Rome police disperse protest rally with tear gas (PHOTOS)
Demonstrators also attacked an armored vehicle and attempted to break police barricade, as police pushed back activists on their way to the regional affairs ministry.
There have been conflicting reports in the media on the number of injured. According to local media, over ten protesters and three policemen were wounded. A tourist was hospitalized after being poisoned with tear gas. La Stampa daily reported earlier that six people, including four police officers, were wounded and taken to hospital and a dozen received medical help on the site. Several protesters were detained.
Police blocked several streets and closed shops in the area where
— Andrea Alfano (@laccio) October 31, 2013
The rally on Thursday was organized by activists from the movement ‘For Housing’ who are demanding that local authorities stop evictions in Rome and use more public funds to help people without homes or those who cannot pay their rent.
The demonstration coincided with the meeting of representatives from the government, regional authorities and City Hall, who gathered to discuss an emergency plan to tackle the lack of affordable housing.
Mayor of Rome, Ignazio Marino, should be “banging his fists” on the table demanding more housing for the poor, one of protesters said, as cited by AP.
The mayor “has to ask with determination for an end to the
evictions of those who can't pay (their rent)," added Paolo Di
Vetta from the "Living in the Crisis" Association.

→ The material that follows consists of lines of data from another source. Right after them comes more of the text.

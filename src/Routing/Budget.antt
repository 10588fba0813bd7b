-- ===== src/Routing/Budget.antt =====
-- firmware_core/routing.c: the forward budget, per packet type and minute and for the hour. The
-- build's role fixes the caps and is an argument of `init`.
pub mod Caps
use rivr.Common.{ℕ, Bool, true, false, List, ltb, leb, get_or, set, replicate, u16, u32}
use rivr.Common.{sub32, ◌+◌, ◌-◌, ◌/◌, ◌^◌, if◌then◌else◌}

-- FWDBUDGET_PKT_TYPES, FWDBUDGET_WINDOW_MS, FWDBUDGET_MAX_FWD, FWDBUDGET_MAX_AIR_US,
-- FWDBUDGET_HOUR_WINDOW_MS, FWDBUDGET_MAX_HOUR_AIR_US
abbrev pub pkt_types : ℕ
pkt_types = 8

abbrev pub window_ms : ℕ
window_ms = 60000

abbrev pub hour_window_ms : ℕ
hour_window_ms = 3600000

abbrev pub max_hour_air_us : ℕ
max_hour_air_us = 360000000

-- RIVR_ROLE_*
pub data Role : Type 0 where
  repeater gateway client generic : Role

-- FWDBUDGET_MAX_FWD_ROLE
abbrev pub max_fwd_role : Role → ℕ
max_fwd_role repeater = 60
max_fwd_role gateway = 60
max_fwd_role client = 20
max_fwd_role generic = 30

-- FWDBUDGET_MAX_AIR_US_ROLE
abbrev pub max_air_role : Role → ℕ
max_air_role generic = 2 ^ 32 - 1
max_air_role _ = 3000000

-- `forward_budget_t`
pub record Budget : Type 0 where
  pub window_start_ms : ℕ
  pub fwd_count : List ℕ
  pub fwd_air_us : List ℕ
  pub max_fwd_count : ℕ
  pub max_air_us : ℕ
  pub hour_window_start_ms : ℕ
  pub hour_total_air_us : ℕ
  pub max_hour : ℕ
  pub fwd_drop_count : List ℕ
  pub total_fwd_drops : ℕ
  pub tx_originated_count : List ℕ

abbrev pub zeros : List ℕ
zeros = replicate pkt_types 0

-- `routing_fwdbudget_init`
unfoldable pub init : Role → Budget
init role = record {
  window_start_ms = 0;
  fwd_count = zeros;
  fwd_air_us = zeros;
  max_fwd_count = max_fwd_role role;
  max_air_us = max_air_role role;
  hour_window_start_ms = 0;
  hour_total_air_us = 0;
  max_hour = max_hour_air_us;
  fwd_drop_count = zeros;
  total_fwd_drops = 0;
  tx_originated_count = zeros;
}

-- The two resets of `fwdbudget_roll_window`.
unfoldable pub roll_minute : Budget → ℕ → Budget
roll_minute fb now_ms =
    if leb window_ms (sub32 now_ms fb.window_start_ms)
    then record fb {
      fwd_count = zeros;
      fwd_air_us = zeros;
      fwd_drop_count = zeros;
      tx_originated_count = zeros;
      window_start_ms = now_ms;
    }
    else fb

unfoldable pub roll_hour : Budget → ℕ → Budget
roll_hour fb now_ms =
    if leb hour_window_ms (sub32 now_ms fb.hour_window_start_ms)
    then record fb { hour_total_air_us = 0; hour_window_start_ms = now_ms }
    else fb

-- `fwdbudget_roll_window`
unfoldable pub roll_window : Budget → ℕ → Budget
unfolding roll_minute roll_hour
roll_window fb now_ms = roll_hour (roll_minute fb now_ms) now_ms

-- `routing_fwdbudget_check`
unfoldable pub check : Budget → ℕ → ℕ → ℕ → Budget × Bool
check fb pkt_type toa_us now_ms =
    let fb' = roll_window fb now_ms in
    if leb pkt_types pkt_type
    then (fb, true)
    else if leb fb'.max_fwd_count (get_or fb'.fwd_count pkt_type 0)
    then (fb', false)
    else if ltb fb'.max_air_us (u32 (get_or fb'.fwd_air_us pkt_type 0 + toa_us))
    then (fb', false)
    else if ltb fb'.max_hour (u32 (fb'.hour_total_air_us + toa_us))
    then (fb', false)
    else (fb', true)

-- The additions of `routing_fwdbudget_record`, after the windows have rolled.
unfoldable pub charge : Budget → ℕ → ℕ → Budget
charge fb pkt_type toa_us = record fb {
  fwd_count = set fb.fwd_count pkt_type (u16 (get_or fb.fwd_count pkt_type 0 + 1));
  fwd_air_us = set fb.fwd_air_us pkt_type (u32 (get_or fb.fwd_air_us pkt_type 0 + toa_us));
  hour_total_air_us = u32 (fb.hour_total_air_us + toa_us);
}

-- `routing_fwdbudget_record`
unfoldable pub record_fwd : Budget → ℕ → ℕ → ℕ → Budget
record_fwd fb pkt_type toa_us now_ms =
    if leb pkt_types pkt_type then fb else charge (roll_window fb now_ms) pkt_type toa_us

-- `routing_fwdbudget_adapt` in a build with RIVR_FEATURE_ADAPTIVE_FLOOD; without it nothing changes.
unfoldable pub adapt : Bool → Role → Budget → ℕ → ℕ → Budget
adapt adaptive role fb fabric_score dc_pct =
    let load = if ltb dc_pct fabric_score then fabric_score else dc_pct in
    let cap' =
      if ltb load 40
      then max_fwd_role role
      else if ltb load 70
      then max_fwd_role role / 2
      else max_fwd_role role / 4 in
    if adaptive then record fb { max_fwd_count = if ltb cap' 4 then 4 else cap' } else fb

Migrants and refugees also joined the protest in Rome, which is a continuation of the October 19 anti-austerity rally. The previous march in the capital also ended with violent clashes between demonstrators and police.
Similar protests against evictions have taken place in many cities across Italy.
Since Italy is a free market economy, it is very difficult to reduce housing prices.
“[Authorities] can try to lower prices when the buildings are public – there’s still a stock of public buildings in the capital. But otherwise, they are private. They can try to reduce taxes on the housing…hoping that owners will lower the rent, which is rather improbable,” political analyst Alessandro Politi told RT.
The population’s anger comes as a result of the long-term recession in Italy, which has borrowed more than it can afford. The country, previously the eighth largest economy in the world, has now been bumped to ninth place.
However, Politi believes that asking EU partners for a bailout is not the way forward – even though the situation is worsening.
“A bailout would compromise the credibility of the Italian debt,” he said, adding that this is precisely what Prime Minister Enrico Letta and the European Central Bank are trying to avoid. “It would also be a signal, a run-in for speculators who are putting under assault the euro since at least two years. What is generally called the ‘crisis of the euro’ is in reality a coordinated private financial assault.”